Yeah! Watch it be 2.59 once we get thru this and get driving places again!


----------



## threeten (Feb 5, 2014)




----------



## threeten (Feb 5, 2014)

W. 130 & rt. 71
$1.06 down the street on Lorain but the place was busy. Pulled right up at Sunoco


----------



## Bluewalleye (Jun 1, 2009)

Have you noticed that around the Catawba area the price is still up in the 1.89 range? It was 1.39 today in the area I live. Why is it so much more around the Catawba area? And how on earth can it be more their, then on the turnpike. lol


----------



## Flathead76 (May 2, 2010)

2.25 in Athens today.


----------



## SICKOFIT (Feb 23, 2014)

Flathead76 said:


> 2.25 in Athens today.


Cheapest in Hamilton/Fairfield area according to Gas Buddy is $1.31 today


----------



## matticito (Jul 17, 2012)

When i drove thru jefferson today it was 1.99


----------



## Killbuckian (Feb 16, 2020)

1.79 in Wayne county


----------



## TomC (Aug 14, 2007)

Dayton area is still 1.40-1.80


----------



## ress (Jan 1, 2008)

1.29 at a Marathon in Findlay the day after I paid 1.39.

Sent from my LGLS990 using Tapatalk


----------



## Specwar (Sep 22, 2014)

Back up to $1.49 at some Canton locations today. Bastards!!


----------



## bobk (Apr 30, 2004)

Flathead76 said:


> 2.25 in Athens today.


Good old Athens. Always ready to snap one off in ya.


----------



## multi species angler (Feb 20, 2006)

Non ethanol at bfs near Athens is $3.49 and in Malta $2.99.


----------



## SICKOFIT (Feb 23, 2014)

SICKOFIT said:


> Cheapest in Hamilton/Fairfield area according to Gas Buddy is $1.31 today


Got gas at Jamie's Market just south of Oxford on US 27 today for $1.26


----------



## sherman51 (Apr 12, 2011)

drove all the way to pa on I-70. gas in oh was anywhere from 1.59 to 1.79. gas in pa was 2.24 to 2.79. don't know what the price in pa was before the oil prices dropped.


----------



## polebender (Oct 29, 2011)

sherman51 said:


> drove all the way to pa on I-70. gas in oh was anywhere from 1.59 to 1.79. gas in pa was 2.24 to 2.79. don't know what the price in pa was before the oil prices dropped.

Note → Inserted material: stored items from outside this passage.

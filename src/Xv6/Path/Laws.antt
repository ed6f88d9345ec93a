-- ===== src/Xv6/Path/Laws.antt =====
-- The names of a path of fs.c, and the inodes that they lead to.
use os_project.Base.{
  ◌⊎◌, is_empty, ℕ, zero, suc, ◌+◌, ◌≤◌, ◌<◌, ◌≡◌, refl, sym, ap, ◌∙◌, Bool, true, false, not, ◌&&◌,
  Option, none, some, List, [], ◌∷◌, ◌++◌, ◌==◌, if◌then◌else◌, take, length, arith, Bool-cases,
  Option-cases, inl, inr,
}
use mathlib.Core.List.{append_assoc, append-nil}
use os_project.Xv6.Path.{dirsiz, skip_slashes, span, skipelem, Inodes, walk, namex}

-- The names of a path: what stands between slashes, cut to the size of a directory entry. `seen` is
-- the part of a name that has been read.
abbrev pub elements : List ℕ → List ℕ → List (List ℕ)
elements seen [] = if is_empty seen then [] else take dirsiz seen ∷ []
elements seen (c ∷ cs) =
    if c == b'/'
    then (if is_empty seen then elements [] cs else take dirsiz seen ∷ elements [] cs)
    else elements (seen ++ (c ∷ [])) cs

abbrev pub no_names : List (List ℕ) → Bool
no_names [] = true
no_names (n ∷ ns) = false

-- Where a list of names leads from an inode.
abbrev pub follow : Inodes → Bool → List ℕ → ℕ → List (List ℕ) → Option (ℕ × List ℕ)
follow fs nameiparent name ip [] = if nameiparent then none else some (ip, name)
follow fs nameiparent name ip (n ∷ ns) =
    if not (fs.is_dir ip)
    then none
    else if nameiparent && no_names ns
    then some (ip, n)
    else elim (fs.dirlookup ip n) [ none ↦ none | some next ↦ follow fs nameiparent n next ns ]

abbrev pub is_absolute : List ℕ → Bool
is_absolute [] = false
is_absolute (c ∷ cs) = c == b'/'

-- One byte of a path, by whether it is a slash.
module _ (c : ℕ) (cs : List ℕ) where
  skip_slashes_slash : (c == b'/') ≡ true → skip_slashes (c ∷ cs) ≡ skip_slashes cs
  unfolding skip_slashes
  skip_slashes_slash e = rw e refl

  skip_slashes_other : (c == b'/') ≡ false → skip_slashes (c ∷ cs) ≡ c ∷ cs
  unfolding skip_slashes
  skip_slashes_other e = ground (arith, e)

  span_slash : (c == b'/') ≡ true → span (c ∷ cs) ≡ ([], c ∷ cs)
  unfolding span
  span_slash e = ground (arith, e)

  span_other : (c == b'/') ≡ false → span (c ∷ cs) ≡ (c ∷ (span cs).0, (span cs).1)
  unfolding span
  span_other e = rw e refl

  elements_blank : (c == b'/') ≡ true → elements [] (c ∷ cs) ≡ elements [] cs
  elements_blank e = rw e refl

  elements_slash :
      (seen : List ℕ)
      → is_empty seen ≡ false
      → (c == b'/') ≡ true
      → elements seen (c ∷ cs) ≡ take dirsiz seen ∷ elements [] cs
  elements_slash seen off e = rw (e, off) refl

  elements_other :
      (seen : List ℕ)
      → (c == b'/') ≡ false
      → elements seen (c ∷ cs) ≡ elements (seen ++ (c ∷ [])) cs
  elements_other seen e = rw e refl

elements-skip_slashes : (path : List ℕ) → elements [] (skip_slashes path) ≡ elements [] path
unfolding skip_slashes
elements-skip_slashes [] = refl
elements-skip_slashes (c ∷ cs) = elim (Bool-cases (c == b'/')) [
  | inl slash ↦
      ap (elements []) (skip_slashes_slash c cs slash)
      ∙ elements-skip_slashes cs
      ∙ sym (elements_blank c cs slash)
  | inr other ↦ ap (elements []) (skip_slashes_other c cs other)
]

elements_end :
    (seen : List ℕ)
    → is_empty (seen ++ []) ≡ false
    → elements seen [] ≡ take dirsiz (seen ++ []) ∷ []
elements_end seen h =
    let off : is_empty seen ≡ false = ap is_empty (sym (append-nil seen)) ∙ h in
    rw off (ap (λ l. take dirsiz l ∷ []) (sym (append-nil seen)))

elements-span :
    (seen path : List ℕ)
    → is_empty (seen ++ (span path).0) ≡ false
    → elements seen path ≡ take dirsiz (seen ++ (span path).0) ∷ elements [] (span path).1
unfolding span
elements-span seen [] h = elements_end seen h
elements-span seen (c ∷ cs) h = elim (Bool-cases (c == b'/')) [
  | inl slash ↦
      let none_more : is_empty (seen ++ []) ≡ false =
        ap (λ s. is_empty (seen ++ s.0)) (sym (span_slash c cs slash)) ∙ h in
      let off : is_empty seen ≡ false = ap is_empty (sym (append-nil seen)) ∙ none_more in
      elements_slash c cs seen off slash
      ∙ ap (λ l. take dirsiz l ∷ elements [] cs) (sym (append-nil seen))
      ∙ ap (λ l. take dirsiz (seen ++ []) ∷ l) (sym (elements_blank c cs slash))
      ∙ ap (λ s. take dirsiz (seen ++ s.0) ∷ elements [] s.1) (sym (span_slash c cs slash))
  | inr other ↦
      let s = span_other c cs other in
      let shift = append_assoc seen (c ∷ []) (span cs).0 in
      let more : is_empty (seen ++ (c ∷ (span cs).0)) ≡ false =
        ap (λ s. is_empty (seen ++ s.0)) (sym s) ∙ h in
      elements_other c cs seen other
      ∙ elements-span (seen ++ (c ∷ [])) cs (ap is_empty shift ∙ more)
      ∙ ap (λ l. take dirsiz l ∷ elements [] (span cs).1) shift
      ∙ ap (λ s. take dirsiz (seen ++ s.0) ∷ elements [] s.1) (sym s)
]

-- What is left behind slashes is empty, or begins with another byte.
skip_slashes-cases :
    (path : List ℕ)
    → (skip_slashes path ≡ [])
      ⊎ ((c : ℕ) × (cs : List ℕ) × (skip_slashes path ≡ c ∷ cs) × ((c == b'/') ≡ false))
unfolding skip_slashes
skip_slashes-cases [] = inl refl
skip_slashes-cases (c ∷ cs) = elim (Bool-cases (c == b'/')) [
  | inl slash ↦ elim (skip_slashes-cases cs) [
    | inl e ↦ inl (skip_slashes_slash c cs slash ∙ e)
    | inr (d, ds, e, other) ↦ inr (d, ds, skip_slashes_slash c cs slash ∙ e, other)
  ]
  | inr other ↦ inr (c, cs, skip_slashes_other c cs other, other)
]

span-begins : (c : ℕ) (cs : List ℕ) → (c == b'/') ≡ false → is_empty (span (c ∷ cs)).0 ≡ false
span-begins c cs other = ap (λ s. is_empty s.0) (span_other c cs other)

length-skip_slashes : (path : List ℕ) → length (skip_slashes path) ≤ length path
unfolding skip_slashes
length-skip_slashes [] = omega arith
length-skip_slashes (c ∷ cs) = ground (arith, length-skip_slashes cs)

length-span : (path : List ℕ) → length (span path).1 ≤ length path
unfolding span
length-span [] = omega arith
length-span (c ∷ cs) = ground (arith, length-span cs)

no_names-skip_slashes : (path : List ℕ) → no_names (elements [] path) ≡ is_empty (skip_slashes path)
no_names-skip_slashes path =
    ap no_names (sym (elements-skip_slashes path)) ∙ elim (skip_slashes-cases path) [
      | inl e ↦ ap (λ p. no_names (elements [] p)) e ∙ sym (ap is_empty e)
      | inr (c, cs, e, other) ↦
          ap (λ p. no_names (elements [] p)) e
          ∙ ap no_names (elements-span [] (c ∷ cs) (span-begins c cs other))
          ∙ sym (ap is_empty e)
    ]

-- A step of the walk takes the first name of the path.
record Takes (path : List ℕ) (s : List ℕ × List ℕ) : Type 0 where
  names : elements [] path ≡ s.0 ∷ elements [] s.1
  last : is_empty s.1 ≡ no_names (elements [] s.1)
  shorter : length s.1 < length path

skipelem-cases :
    (path : List ℕ)
    → ((skipelem path ≡ none) × (elements [] path ≡ []))
      ⊎ ((s : List ℕ × List ℕ) × (skipelem path ≡ some s) × Takes path s)
unfolding skipelem
skipelem-cases path = elim (skip_slashes-cases path) [
  | inl e ↦ inl (ground (arith, e), sym (elements-skip_slashes path) ∙ ap (elements []) e)
  | inr (c, cs, e, other) ↦
      let u : List ℕ × List ℕ = span (c ∷ cs) in
      let same = elements-skip_slashes u.1 in
      inr (
        (take dirsiz u.0, skip_slashes u.1),
        rw (e, skipelem) refl,
        record {
          names =
              sym (elements-skip_slashes path)
              ∙ ap (elements []) e
              ∙ elements-span [] (c ∷ cs) (span-begins c cs other)
              ∙ ap (λ ns. take dirsiz u.0 ∷ ns) (sym same);
          last = sym (no_names-skip_slashes u.1) ∙ ap no_names (sym same);
          shorter = omega (
            arith,
            length-skip_slashes u.1,
            length-span cs,
            ap length e,
            length-skip_slashes path,
            ap (λ s. length s.1) (span_other c cs other),
          );
        },
      )
]

walk-follow :
    (fs : Inodes) (nameiparent : Bool) (rounds : ℕ) (path name : List ℕ) (ip : ℕ)
    → length path < rounds
    → walk fs nameiparent rounds path name ip ≡ follow fs nameiparent name ip (elements [] path)
unfolding walk
walk-follow fs nameiparent zero path name ip l = absurd (omega (arith, l))
walk-follow fs nameiparent (suc rounds) path name ip l = elim (skipelem-cases path) [
  | inl (e, names) ↦ rw (e, names, walk) refl
  | inr (s, e, t) ↦ elim (Option-cases (fs.dirlookup ip s.0)) [
    | inl missing ↦ rw (e, t.names, t.last, missing, walk) refl
    | inr (inode, found) ↦
        let later = walk-follow fs nameiparent rounds s.1 s.0 inode (omega (arith, l, t.shorter)) in
        rw (e, t.names, t.last, found, walk)
          (ap
            (λ r.
              if not (fs.is_dir ip)
              then none
              else if nameiparent && no_names (elements [] s.1)
              then some (ip, s.0)
              else r)
            later)
  ]
]

-- The loop of `namex` ends for every path, and leads where the names of the path lead from the root or
-- from the current directory: each inode on the way must be a directory that has the next name, and
-- for `nameiparent` the last name is not looked up but given, and there must be one.
pub namex-follow :
    (fs : Inodes) (root cwd : ℕ) (nameiparent : Bool) (path : List ℕ)
    → namex fs root cwd nameiparent path
      ≡ follow fs nameiparent [] (if is_absolute path then root else cwd) (elements [] path)
unfolding namex
namex-follow fs root cwd nameiparent [] = walk-follow fs nameiparent 1 [] [] cwd (omega arith)
namex-follow fs root cwd nameiparent (c ∷ cs) =
    walk-follow fs nameiparent (length (c ∷ cs) + 1) (c ∷ cs) [] (if c == b'/' then root else cwd)
      (omega arith)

I have a daughter that lives in Pa. Their gas is always higher, at least $.30-40 higher than Ohio. I don’t know if they have more state tax added on or what, but I always make sure that I have enough gas to get back to Ohio before I fill up again! Lol!


----------



## gotta hit (Dec 11, 2007)

https://www.news5cleveland.com/news...tion-is-selling-gas-for-89-cents-yes-89-cents


----------



## nitrofish1 (Apr 13, 2013)

At this point in the game we should be refining US crude only ! I saw a report on fox news that reported US energy companies are being devastated by this combination of events. And the world could end up with about 4 huge energy giants - all foreign owned . That would be a national security issue at that point. I'm no wizzard but what does ( energy independent ) mean? I have heard these words in the news the last couple of years & the fact we have been oil exporters for the first time in history ? Buy American - made in America. Could it be that simple ?


----------



## TomC (Aug 14, 2007)

ethanol free in Huber was 2.00 a gallon two days ago, 1.39-1.49 for regular


----------



## Whaler (Nov 16, 2004)

Enjoy it while it lasts.


----------



## crittergitter (Jun 9, 2005)

I thought Trump bought up all that oil to replenish US reserves and reduce our dependence on foreign countries for oil in the future. Sounds good to me!!


----------



## ress (Jan 1, 2008)

Until a pipe line leaks or a deep oil rig in Gulf splits open.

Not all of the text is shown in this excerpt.